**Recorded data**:
::::
-- ===== src/Fat/Table/Write.antt =====
-- What `writenextclus` writes, for FAT16 and FAT32: a patch within one sector of the table.
pub mod Store
use chouryos.Base.{
  ℕ, zero, suc, ◌+◌, ◌-◌, ◌*◌, ◌/◌, ◌%◌, ◌^◌, ◌≤◌, ◌<◌, ◌≡◌, ◌≢◌, refl, sym, ap, subst, ◌∙◌, ◌⊎◌,
  inl, inr, Bool, true, false, not, ◌==◌, ltb, leb, if◌then◌else◌, Bool-cases, ne→==, ==_iff, u8,
  u16, u32, update, arith,
}
use chouryos.Hd.{Sector, Disk, WriteHd, IsDriver}
use chouryos.Fat.{Filetype, fat12, fat16, fat32, bits, Geometry, Volume, read_sector, write_sector}
use chouryos.Fat.Table.{
  is_no_clus, set16, set32, write_at, poke, write16, write32, write_by, writenextclus,
}
use chouryos.Fat.Table.Entry.{
  byte_at, entry_by, entry, IsGeometry, InTable, IsCoherent, HasRead, read_sector-HasRead,
  HasRead-byte_at,
}

-- The buffer `b` went to the sectors `x` and `y` of the disk, the second of which it now holds.
pub record HasWritten (g : Geometry) (x y : ℕ) (b : Sector) (v v' : Volume) : Type 0 where
  pub disk_is :
      (z i : ℕ)
      → i < 512
      → v'.disk z i ≡ (if y == z then b i else if x == z then b i else v.disk z i)
  pub coherent : IsCoherent g v'

write_at-HasWritten :
    (w : WriteHd) (g : Geometry) (s s' : ℕ) (f : Sector → Sector) (v v1 : Volume)
    → IsDriver w
    → HasRead g s v v1
    → HasWritten g
        (u32 (s + g.partition_sec))
        (u32 (s' + g.partition_sec))
        (f v1.buffer_fat)
        v
        (write_at w g s s' (poke w g f v1))
unfolding write_sector
write_at-HasWritten w g s s' f v v1 k r = record {
  disk_is = λ z i h.
      k.stores (u32 (s' + g.partition_sec)) (f v1.buffer_fat) _ z i h
      ∙ ap (λ (n : ℕ). if u32 (s' + g.partition_sec) == z then f v1.buffer_fat i else n)
          (k.stores (u32 (s + g.partition_sec)) (f v1.buffer_fat) v1.disk z i h
            ∙ ap (λ (d : Disk). if u32 (s + g.partition_sec) == z then f v1.buffer_fat i else d z i)
                r.same_disk);
  coherent = λ i h. sym (
      k.stores (u32 (s' + g.partition_sec)) (f v1.buffer_fat) _ (u32 (s' + g.partition_sec)) i h
      ∙ rw ((==_iff (u32 (s' + g.partition_sec)) (u32 (s' + g.partition_sec))).1 refl));
}

module _ (g : Geometry) (s p : ℕ) (v v1 v' : Volume) (w : IsGeometry g) (r : HasRead g s v v1)
    (at : s ≡ g.rsvd_sec_cnt + p / 512) (inside : p < g.fat_sec_sz * 512) where
  -- The bytes of the table afterwards, of a patch that stays within the sector of byte `p`.
  written_bytes :
      (f : Sector → Sector) (patch : Sector → Sector)
      → ((b : ℕ)
          → b / 512 ≡ p / 512
          → v1.buffer_fat (b % 512) ≡ byte_at g v.disk b
          → f v1.buffer_fat (b % 512) ≡ patch (byte_at g v.disk) b)
      → ((b : ℕ) → b / 512 ≢ p / 512 → patch (byte_at g v.disk) b ≡ byte_at g v.disk b)
      → HasWritten g
          (u32 (s + g.partition_sec))
          (u32 (s + g.fat_sec_sz + g.partition_sec))
          (f v1.buffer_fat)
          v
          v'
      → (b : ℕ) → b < g.fat_sec_sz * 512
      → byte_at g v'.disk b ≡ patch (byte_at g v.disk) b
  written_bytes f patch here there q b h =
      let x : u32 (s + g.partition_sec) ≡ g.partition_sec + g.rsvd_sec_cnt + p / 512 =
        omega (arith, w.room) in
      let y : u32 (s + g.fat_sec_sz + g.partition_sec)
          ≡ g.partition_sec + g.rsvd_sec_cnt + p / 512 + g.fat_sec_sz =
        omega (arith, w.room) in
      q.disk_is _ (b % 512) (omega arith) ∙ elim (Bool-cases (b / 512 == p / 512)) [
        | inl e ↦
            let same : b / 512 ≡ p / 512 = (==_iff _ _).0 e in
            ground (
              arith,
              x,
              y,
              here b same (HasRead-byte_at g s b (b % 512) v v1 w r (omega arith) h refl),
            )
        | inr e ↦ ground (arith, x, y, there b (ground arith))
      ]

  other_sectors :
      (b : Sector)
      → HasWritten g (u32 (s + g.partition_sec)) (u32 (s + g.fat_sec_sz + g.partition_sec)) b v v'
      → (z i : ℕ) → i < 512
      → g.partition_sec + g.rsvd_sec_cnt + 2 * g.fat_sec_sz ≤ z
      → v'.disk z i ≡ v.disk z i
  other_sectors b q z i h k = q.disk_is z i h ∙ ground (arith, w.room)

-- The volume after a write of entry `c`: the entry has the number, every other entry of the table
-- and every sector behind the tables is as before.
pub record HasEntry (g : Geometry) (c n : ℕ) (v v' : Volume) : Type 0 where
  pub entries :
      (x : ℕ)
      → 2 ≤ x
      → (x + 1) * bits g.ft ≤ g.fat_sec_sz * 4096
      → entry g v'.disk x ≡ (if c == x then n else entry g v.disk x)
  pub sectors :
      (z i : ℕ)
      → i < 512
      → g.partition_sec + g.rsvd_sec_cnt + 2 * g.fat_sec_sz ≤ z
      → v'.disk z i ≡ v.disk z i
  pub coherent : IsCoherent g v'

module _ (k : WriteHd) (d : IsDriver k) (g : Geometry) (v : Volume) (w : IsGeometry g)
    (h : IsCoherent g v) where
  -- A patch of the sector with byte `p` of the table.
  pub patched : (Sector → Sector) → ℕ → Volume
  patched f p =
      let s = g.rsvd_sec_cnt + p / 512 in
      write_at k g s (s + g.fat_sec_sz) (poke k g f (read_sector g s v))

  module _ (f patch : Sector → Sector) (p : ℕ) (inside : p < g.fat_sec_sz * 512)
      (here : (v1 : Sector) (b : ℕ)
        → b / 512 ≡ p / 512
        → v1 (b % 512) ≡ byte_at g v.disk b
        → f v1 (b % 512) ≡ patch (byte_at g v.disk) b)
      (there : (b : ℕ) → b / 512 ≢ p / 512 → patch (byte_at g v.disk) b ≡ byte_at g v.disk b) where
    pub v1 : Volume
    v1 = read_sector g (g.rsvd_sec_cnt + p / 512) v

    v1-HasRead : HasRead g (g.rsvd_sec_cnt + p / 512) v v1
    unfolding v1
    v1-HasRead = read_sector-HasRead g (g.rsvd_sec_cnt + p / 512) v h

    pub patched-HasWritten :
        HasWritten g
          (u32 (g.rsvd_sec_cnt + p / 512 + g.partition_sec))
          (u32 (g.rsvd_sec_cnt + p / 512 + g.fat_sec_sz + g.partition_sec))
          (f v1.buffer_fat)
          v
          (patched f p)
    unfolding patched v1
    patched-HasWritten = write_at-HasWritten k g _ _ f v v1 d v1-HasRead

    pub patched_bytes :
        (b : ℕ)
        → b < g.fat_sec_sz * 512
        → byte_at g (patched f p).disk b ≡ patch (byte_at g v.disk) b
    patched_bytes =
        written_bytes g (g.rsvd_sec_cnt + p / 512) p v v1 (patched f p) w v1-HasRead refl inside f
          patch (here v1.buffer_fat) there patched-HasWritten

    pub patched_sectors :
        (z i : ℕ)
        → i < 512
        → g.partition_sec + g.rsvd_sec_cnt + 2 * g.fat_sec_sz ≤ z
        → (patched f p).disk z i ≡ v.disk z i
    patched_sectors =
        other_sectors g (g.rsvd_sec_cnt + p / 512) p v v1 (patched f p) w v1-HasRead refl inside
          (f v1.buffer_fat) patched-HasWritten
::::
**PROBLEM DESCRIPTION**:
Go through the records and count the lines that include "IsDriver", then give only that number.

**EXERCISE OUTPUT**:
3